In a retrospective study the records of a consecutive series of 37 patients with full-thickness idiopathic macular holes operated with ICG-assisted ILM peeling by a single surgeon were analyzed. All patients underwent a standard three-port vitrectomy with surgically induced posterior vitreous detachment, staining of the ILM with ICG, peeling of the ILM in a circular manner around the fovea, and SF6 20% endotamponade.

RESULTS

A total of 37 patients (37 eyes) were included in the study. The mean age was 69+/-7 years (range 52-81 years), and there were 26 women and 11 men. The follow-up ranged from 6 to 30 months (mean 18+/-6 months). At baseline visual acuity ranged from 20/400 to 20/40. Anatomically, 13 eyes had stage 2 holes, 21 eyes (57%) stage 3 holes, and three eyes stage 4 holes. At the postoperative visit (8-12 weeks after surgery) anatomical closure of the macular hole was achieved in 36 eyes.
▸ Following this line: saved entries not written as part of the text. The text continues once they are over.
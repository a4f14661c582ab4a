-- ===== src/Libc/Numbers.antt =====
-- `atoi`, `strtoul` and `strtol` of apps/sdk/libc/stdlib.c, where a `long` has 32 bits. A string is the
-- list of the bytes before its NUL. A byte is below 128: a C `char` from 128 on would be negative, and
-- is no digit and no space either way.
use eclipse32_gui.Base.{
  ℕ, ◌+◌, ◌-◌, ◌*◌, ◌%◌, ◌^◌, Bool, true, false, ◌&&◌, ◌||◌, List, [], ◌∷◌, Option, none, some,
  if◌then◌else◌, ◌==◌, leb,
}

abbrev pub u32 : ℕ
u32 = 2 ^ 32

abbrev pub sd_isspace : ℕ → Bool
sd_isspace c = c == b' ' || c == b'\t' || c == b'\n' || c == b'\r' || c == 12 || c == 11

-- `none` is -1.
abbrev pub sd_digit : ℕ → Option ℕ
sd_digit c =
    if leb b'0' c && leb c b'9'
    then some (c - b'0')
    else if leb b'a' c && leb c b'z'
    then some (10 + (c - b'a'))
    else if leb b'A' c && leb c b'Z'
    then some (10 + (c - b'A'))
    else none

unfoldable pub skip_space : List ℕ → List ℕ
skip_space [] = []
skip_space (c ∷ s) = let rest = skip_space s in if sd_isspace c then rest else c ∷ s

abbrev pub skip_byte : ℕ → List ℕ → List ℕ
skip_byte b [] = []
skip_byte b (c ∷ s) = if c == b then s else c ∷ s

abbrev pub starts_with : ℕ → List ℕ → Bool
starts_with b [] = false
starts_with b (c ∷ s) = c == b

abbrev pub after : List ℕ → List ℕ
after [] = []
after (c ∷ s) = s

-- `s[0] == '0' && (s[1] == 'x' || s[1] == 'X')`
abbrev pub has_hex_prefix : List ℕ → Bool
has_hex_prefix s = starts_with b'0' s && (starts_with b'x' (after s) || starts_with b'X' (after s))

-- The base that is read, and what is left of the string.
unfoldable pub read_base : ℕ → List ℕ → ℕ × List ℕ
read_base base s =
    if base == 0
    then (if has_hex_prefix s
        then (16, after (after s))
        else if starts_with b'0' s
        then (8, after s)
        else (10, s))
    else if base == 16 && has_hex_prefix s
    then (base, after (after s))
    else (base, s)

-- The digit of a byte in a base.
abbrev pub digit_in : ℕ → ℕ → Option ℕ
digit_in base c = elim (sd_digit c) [ none ↦ none | some d ↦ if leb base d then none else some d ]

-- What the loop leaves: the value, whether there was a digit, and the rest of the string.
pub record Read : Type 0 where
  pub value : ℕ
  pub any : Bool
  pub rest : List ℕ

unfoldable pub read_digits : ℕ → Read → List ℕ → Read
read_digits base r [] = record r { rest = [] }
read_digits base r (c ∷ s) = elim (digit_in base c) [
  | none ↦ record r { rest = c ∷ s }
  | some d ↦
      read_digits base (record { value = (r.value * base + d) % u32; any = true; rest = s }) s
]

-- The value and `*endptr`, the whole string where no digit was read.
unfoldable pub strtoul : List ℕ → ℕ → ℕ × List ℕ
strtoul nptr base =
    let (b, s) = read_base base (skip_byte b'+' (skip_space nptr)) in
    let r = read_digits b (record { value = 0; any = false; rest = s }) s in
    (r.value, if r.any then r.rest else nptr)

-- `-(long)u` as a word
abbrev pub negate : ℕ → ℕ
negate u = (u32 - u) % u32

-- `end_local == s`: `strtoul` gives its argument back only where it read nothing.
unfoldable pub read_any : List ℕ → ℕ → Bool
read_any s base =
    let (b, t) = read_base base (skip_byte b'+' (skip_space s)) in
    (read_digits b (record { value = 0; any = false; rest = t }) t).any

-- A `long` as the word that holds it, and `*endptr`.
unfoldable pub strtol : List ℕ → ℕ → ℕ × List ℕ
strtol nptr base =
    let t = skip_space nptr in
    let neg = starts_with b'-' t in
    let s = if neg then after t else skip_byte b'+' t in
    let (u, end_local) = strtoul s base in
    (if neg then negate u else u, if read_any s base then end_local else nptr)

abbrev pub is_blank : ℕ → Bool
is_blank c = c == b' ' || c == b'\t' || c == b'\n'

unfoldable pub skip_blank : List ℕ → List ℕ
skip_blank [] = []
skip_blank (c ∷ s) = let rest = skip_blank s in if is_blank c then rest else c ∷ s

unfoldable pub atoi_digits : ℕ → List ℕ → ℕ
atoi_digits value [] = value
atoi_digits value (c ∷ s) =
    let more = atoi_digits ((value * 10 + (c - b'0')) % u32) s in
    if leb b'0' c && leb c b'9' then more else value

-- An `int` as the word that holds it.
unfoldable pub atoi : List ℕ → ℕ
atoi nptr =
    let s = skip_blank nptr in
    if starts_with b'-' s
    then negate (atoi_digits 0 (after s))
    else atoi_digits 0 (skip_byte b'+' s)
Visual acuity ranged between 20/400 and 20/20. At the last follow-up after initial surgery the macular hole was closed in all eyes. Visual acuity ranged from 20/200 to 20/20.

CONCLUSION

In our retrospective series anatomical and functional results of macular hole surgery with ICG-assisted peeling of the ILM are satisfactory. Primary hole closure was achieved in 97% of eyes and visual acuity increased in 62% of eyes in our series.

摘要

目的

内界膜的吲哚菁绿(ICG)染色有助于黄斑裂孔手术中的内界膜剥除。然而,有报道称ICG辅助的内界膜剥除可能导致视网膜损伤和不良的功能预后。因此,我们分析了ICG辅助黄斑裂孔手术的视觉和解剖学结果。

方法

在一项回顾性研究中,分析了由一名外科医生采用ICG辅助内界膜剥除术连续治疗的37例特发性全层黄斑裂孔患者的记录。所有患者均接受标准的三通道玻璃体切除术,包括手术诱导的玻璃体后脱离、用ICG对内界膜进行染色、围绕黄斑中心凹环形剥除内界膜以及20%的六氟化硫气体眼内填充。

结果

本研究共纳入37例患者(37只眼)。平均年龄为69±7岁(范围52 - 81岁),其中女性26例,男性11例。随访时间为6至30个月(平均18±6个月)。基线视力范围为20/400至20/40。解剖学上,13只眼为2期裂孔,21只眼(57%)为3期裂孔,3只眼为4期裂孔。术后随访(手术后8 - 12周)时,36只眼黄斑裂孔实现了解剖学闭合。视力范围在20/400至20/20之间。在初次手术后的最后一次随访时,所有眼的黄斑裂孔均已闭合。视力范围为20/200至20/20。

结论

在我们的回顾性系列研究中,ICG辅助内界膜剥除的黄斑裂孔手术的解剖学和功能结果令人满意。在我们的系列研究中,97%的眼实现了原发性裂孔闭合,62%的眼视力提高。